Task instructions:
All that should be output is the block of lines below from the line with "cleanup-Fine (Tree.aware x) = refl" to the line with "cleanup_value-Fine (Tree.naive x) = tt", both included, exactly as written.

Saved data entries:
──────────────────────────────

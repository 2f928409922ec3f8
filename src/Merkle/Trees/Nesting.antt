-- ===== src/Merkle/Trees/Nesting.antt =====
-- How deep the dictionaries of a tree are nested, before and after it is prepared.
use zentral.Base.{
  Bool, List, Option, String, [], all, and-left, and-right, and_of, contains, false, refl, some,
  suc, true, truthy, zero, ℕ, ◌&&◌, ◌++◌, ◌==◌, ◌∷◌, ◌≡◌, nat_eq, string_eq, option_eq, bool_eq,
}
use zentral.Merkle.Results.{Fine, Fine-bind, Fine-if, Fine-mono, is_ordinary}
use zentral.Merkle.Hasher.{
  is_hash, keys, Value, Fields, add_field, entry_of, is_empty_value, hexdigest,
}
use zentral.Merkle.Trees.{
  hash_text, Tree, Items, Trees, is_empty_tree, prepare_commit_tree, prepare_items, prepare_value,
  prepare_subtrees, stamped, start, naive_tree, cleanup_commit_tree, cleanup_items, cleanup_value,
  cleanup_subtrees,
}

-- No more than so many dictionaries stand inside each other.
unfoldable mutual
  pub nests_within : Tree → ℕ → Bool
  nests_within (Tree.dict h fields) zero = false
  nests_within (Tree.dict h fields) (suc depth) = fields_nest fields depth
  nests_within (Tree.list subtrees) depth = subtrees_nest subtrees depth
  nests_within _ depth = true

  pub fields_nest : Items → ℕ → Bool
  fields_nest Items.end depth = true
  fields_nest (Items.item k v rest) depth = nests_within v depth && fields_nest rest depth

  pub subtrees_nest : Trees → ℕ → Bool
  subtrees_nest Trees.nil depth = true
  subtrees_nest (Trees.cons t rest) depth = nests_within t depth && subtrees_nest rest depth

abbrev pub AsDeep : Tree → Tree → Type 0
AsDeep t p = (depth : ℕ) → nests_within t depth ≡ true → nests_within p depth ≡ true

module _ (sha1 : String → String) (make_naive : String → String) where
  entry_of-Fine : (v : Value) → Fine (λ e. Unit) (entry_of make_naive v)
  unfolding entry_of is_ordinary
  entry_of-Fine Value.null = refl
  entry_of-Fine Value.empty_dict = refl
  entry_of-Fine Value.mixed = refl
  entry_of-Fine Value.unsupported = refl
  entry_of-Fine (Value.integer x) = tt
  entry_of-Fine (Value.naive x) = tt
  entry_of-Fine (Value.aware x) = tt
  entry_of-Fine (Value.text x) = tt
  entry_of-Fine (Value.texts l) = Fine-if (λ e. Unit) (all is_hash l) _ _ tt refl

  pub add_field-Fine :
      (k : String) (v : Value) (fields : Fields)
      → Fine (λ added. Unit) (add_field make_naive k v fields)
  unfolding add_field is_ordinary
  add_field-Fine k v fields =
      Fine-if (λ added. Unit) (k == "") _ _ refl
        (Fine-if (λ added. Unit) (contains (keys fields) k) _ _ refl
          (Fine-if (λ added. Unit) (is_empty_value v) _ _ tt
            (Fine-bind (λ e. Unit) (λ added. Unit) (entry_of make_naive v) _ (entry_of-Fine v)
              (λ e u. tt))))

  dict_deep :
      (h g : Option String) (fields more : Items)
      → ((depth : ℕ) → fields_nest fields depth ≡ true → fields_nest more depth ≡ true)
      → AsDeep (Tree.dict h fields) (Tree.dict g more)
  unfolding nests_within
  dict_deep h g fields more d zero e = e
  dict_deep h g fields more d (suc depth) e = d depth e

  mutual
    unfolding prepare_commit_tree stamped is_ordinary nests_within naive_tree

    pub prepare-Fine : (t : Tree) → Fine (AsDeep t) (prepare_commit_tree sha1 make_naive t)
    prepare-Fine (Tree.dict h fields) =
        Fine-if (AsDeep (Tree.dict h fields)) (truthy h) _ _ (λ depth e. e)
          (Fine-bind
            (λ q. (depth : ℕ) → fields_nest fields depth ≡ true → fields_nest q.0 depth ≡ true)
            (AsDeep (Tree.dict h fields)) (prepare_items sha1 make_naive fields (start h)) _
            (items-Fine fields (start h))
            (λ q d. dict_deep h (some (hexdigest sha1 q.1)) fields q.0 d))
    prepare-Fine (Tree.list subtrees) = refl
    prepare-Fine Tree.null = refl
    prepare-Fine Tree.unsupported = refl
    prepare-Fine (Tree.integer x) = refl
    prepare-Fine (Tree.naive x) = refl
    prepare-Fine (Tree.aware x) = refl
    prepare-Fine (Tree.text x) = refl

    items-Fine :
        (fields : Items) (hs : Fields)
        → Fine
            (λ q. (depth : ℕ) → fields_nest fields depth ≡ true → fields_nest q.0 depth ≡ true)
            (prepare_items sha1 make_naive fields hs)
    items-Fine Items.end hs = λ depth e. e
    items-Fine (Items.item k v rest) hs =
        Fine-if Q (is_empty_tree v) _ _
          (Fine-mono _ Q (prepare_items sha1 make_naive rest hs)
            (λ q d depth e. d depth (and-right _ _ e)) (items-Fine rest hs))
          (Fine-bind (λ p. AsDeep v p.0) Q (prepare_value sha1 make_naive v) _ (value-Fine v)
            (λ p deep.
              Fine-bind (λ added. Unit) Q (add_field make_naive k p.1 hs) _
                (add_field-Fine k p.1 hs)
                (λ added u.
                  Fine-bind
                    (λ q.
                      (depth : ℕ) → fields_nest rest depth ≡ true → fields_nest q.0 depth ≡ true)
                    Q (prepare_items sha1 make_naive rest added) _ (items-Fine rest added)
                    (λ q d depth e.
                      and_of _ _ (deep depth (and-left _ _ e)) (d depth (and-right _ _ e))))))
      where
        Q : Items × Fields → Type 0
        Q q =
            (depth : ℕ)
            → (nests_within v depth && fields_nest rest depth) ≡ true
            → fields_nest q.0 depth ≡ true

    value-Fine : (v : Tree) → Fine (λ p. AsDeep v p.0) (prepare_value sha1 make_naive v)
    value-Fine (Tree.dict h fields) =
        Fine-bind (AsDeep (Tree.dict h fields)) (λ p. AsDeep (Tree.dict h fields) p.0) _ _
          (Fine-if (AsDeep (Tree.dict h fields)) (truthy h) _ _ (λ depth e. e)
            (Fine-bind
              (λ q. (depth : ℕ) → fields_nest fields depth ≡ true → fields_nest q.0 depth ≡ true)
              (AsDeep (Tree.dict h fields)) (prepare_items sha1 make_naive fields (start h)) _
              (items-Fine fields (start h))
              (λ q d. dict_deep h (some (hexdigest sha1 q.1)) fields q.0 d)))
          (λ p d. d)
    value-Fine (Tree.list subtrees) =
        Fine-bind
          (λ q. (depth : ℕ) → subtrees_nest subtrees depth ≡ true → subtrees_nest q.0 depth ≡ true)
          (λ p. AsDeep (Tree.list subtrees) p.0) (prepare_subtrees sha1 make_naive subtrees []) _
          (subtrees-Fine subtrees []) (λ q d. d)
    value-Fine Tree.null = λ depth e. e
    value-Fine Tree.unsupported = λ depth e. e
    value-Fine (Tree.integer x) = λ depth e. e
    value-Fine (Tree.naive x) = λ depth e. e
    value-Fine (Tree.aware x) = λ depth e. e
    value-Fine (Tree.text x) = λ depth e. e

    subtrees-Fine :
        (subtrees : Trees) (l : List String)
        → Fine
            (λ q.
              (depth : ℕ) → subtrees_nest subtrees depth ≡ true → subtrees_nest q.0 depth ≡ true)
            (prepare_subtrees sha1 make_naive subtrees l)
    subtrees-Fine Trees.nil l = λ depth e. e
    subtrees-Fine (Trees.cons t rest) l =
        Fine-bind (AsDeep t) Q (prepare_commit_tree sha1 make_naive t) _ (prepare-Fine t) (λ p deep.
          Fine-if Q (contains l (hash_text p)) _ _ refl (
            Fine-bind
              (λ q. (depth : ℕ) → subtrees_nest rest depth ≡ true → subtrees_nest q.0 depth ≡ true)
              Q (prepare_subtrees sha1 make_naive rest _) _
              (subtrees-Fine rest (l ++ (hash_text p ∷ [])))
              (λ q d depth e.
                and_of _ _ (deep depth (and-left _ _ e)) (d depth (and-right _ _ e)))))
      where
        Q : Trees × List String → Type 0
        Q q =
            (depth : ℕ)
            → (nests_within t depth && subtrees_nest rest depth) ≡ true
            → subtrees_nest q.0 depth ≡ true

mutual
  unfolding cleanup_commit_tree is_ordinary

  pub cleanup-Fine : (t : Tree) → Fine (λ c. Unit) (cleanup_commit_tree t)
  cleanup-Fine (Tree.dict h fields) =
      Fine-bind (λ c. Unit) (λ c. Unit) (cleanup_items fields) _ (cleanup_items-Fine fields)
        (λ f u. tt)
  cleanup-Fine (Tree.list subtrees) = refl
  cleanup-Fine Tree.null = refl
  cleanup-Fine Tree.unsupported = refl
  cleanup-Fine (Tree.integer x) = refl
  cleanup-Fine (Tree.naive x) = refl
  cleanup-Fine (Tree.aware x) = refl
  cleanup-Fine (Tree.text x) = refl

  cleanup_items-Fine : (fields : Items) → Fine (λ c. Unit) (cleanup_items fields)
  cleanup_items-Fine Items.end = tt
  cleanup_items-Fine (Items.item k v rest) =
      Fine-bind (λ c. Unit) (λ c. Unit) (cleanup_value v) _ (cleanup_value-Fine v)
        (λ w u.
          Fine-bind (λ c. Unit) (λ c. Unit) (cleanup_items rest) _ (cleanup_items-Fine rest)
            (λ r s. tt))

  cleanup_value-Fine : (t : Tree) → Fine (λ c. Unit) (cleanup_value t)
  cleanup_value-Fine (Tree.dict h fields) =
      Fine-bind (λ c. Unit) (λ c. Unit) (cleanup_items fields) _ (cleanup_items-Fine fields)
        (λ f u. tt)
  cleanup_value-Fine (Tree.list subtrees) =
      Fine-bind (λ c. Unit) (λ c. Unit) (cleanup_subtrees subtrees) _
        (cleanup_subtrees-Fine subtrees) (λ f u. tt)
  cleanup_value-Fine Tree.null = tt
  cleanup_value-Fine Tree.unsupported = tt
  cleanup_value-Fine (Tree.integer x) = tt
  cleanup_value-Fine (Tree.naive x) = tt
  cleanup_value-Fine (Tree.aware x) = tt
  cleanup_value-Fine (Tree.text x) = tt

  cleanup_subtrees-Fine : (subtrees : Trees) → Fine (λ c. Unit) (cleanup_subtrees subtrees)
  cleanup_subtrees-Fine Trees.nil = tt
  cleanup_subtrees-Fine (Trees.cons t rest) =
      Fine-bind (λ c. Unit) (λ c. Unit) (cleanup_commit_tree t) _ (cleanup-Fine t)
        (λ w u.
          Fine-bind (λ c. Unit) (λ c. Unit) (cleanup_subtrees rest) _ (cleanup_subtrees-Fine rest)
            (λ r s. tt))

──────────────────────────────

Exercise output:
  cleanup-Fine (Tree.aware x) = refl
  cleanup-Fine (Tree.text x) = refl

  cleanup_items-Fine : (fields : Items) → Fine (λ c. Unit) (cleanup_items fields)
  cleanup_items-Fine Items.end = tt
  cleanup_items-Fine (Items.item k v rest) =
      Fine-bind (λ c. Unit) (λ c. Unit) (cleanup_value v) _ (cleanup_value-Fine v)
        (λ w u.
          Fine-bind (λ c. Unit) (λ c. Unit) (cleanup_items rest) _ (cleanup_items-Fine rest)
            (λ r s. tt))

  cleanup_value-Fine : (t : Tree) → Fine (λ c. Unit) (cleanup_value t)
  cleanup_value-Fine (Tree.dict h fields) =
      Fine-bind (λ c. Unit) (λ c. Unit) (cleanup_items fields) _ (cleanup_items-Fine fields)
        (λ f u. tt)
  cleanup_value-Fine (Tree.list subtrees) =
      Fine-bind (λ c. Unit) (λ c. Unit) (cleanup_subtrees subtrees) _
        (cleanup_subtrees-Fine subtrees) (λ f u. tt)
  cleanup_value-Fine Tree.null = tt
  cleanup_value-Fine Tree.unsupported = tt
  cleanup_value-Fine (Tree.integer x) = tt
  cleanup_value-Fine (Tree.naive x) = tt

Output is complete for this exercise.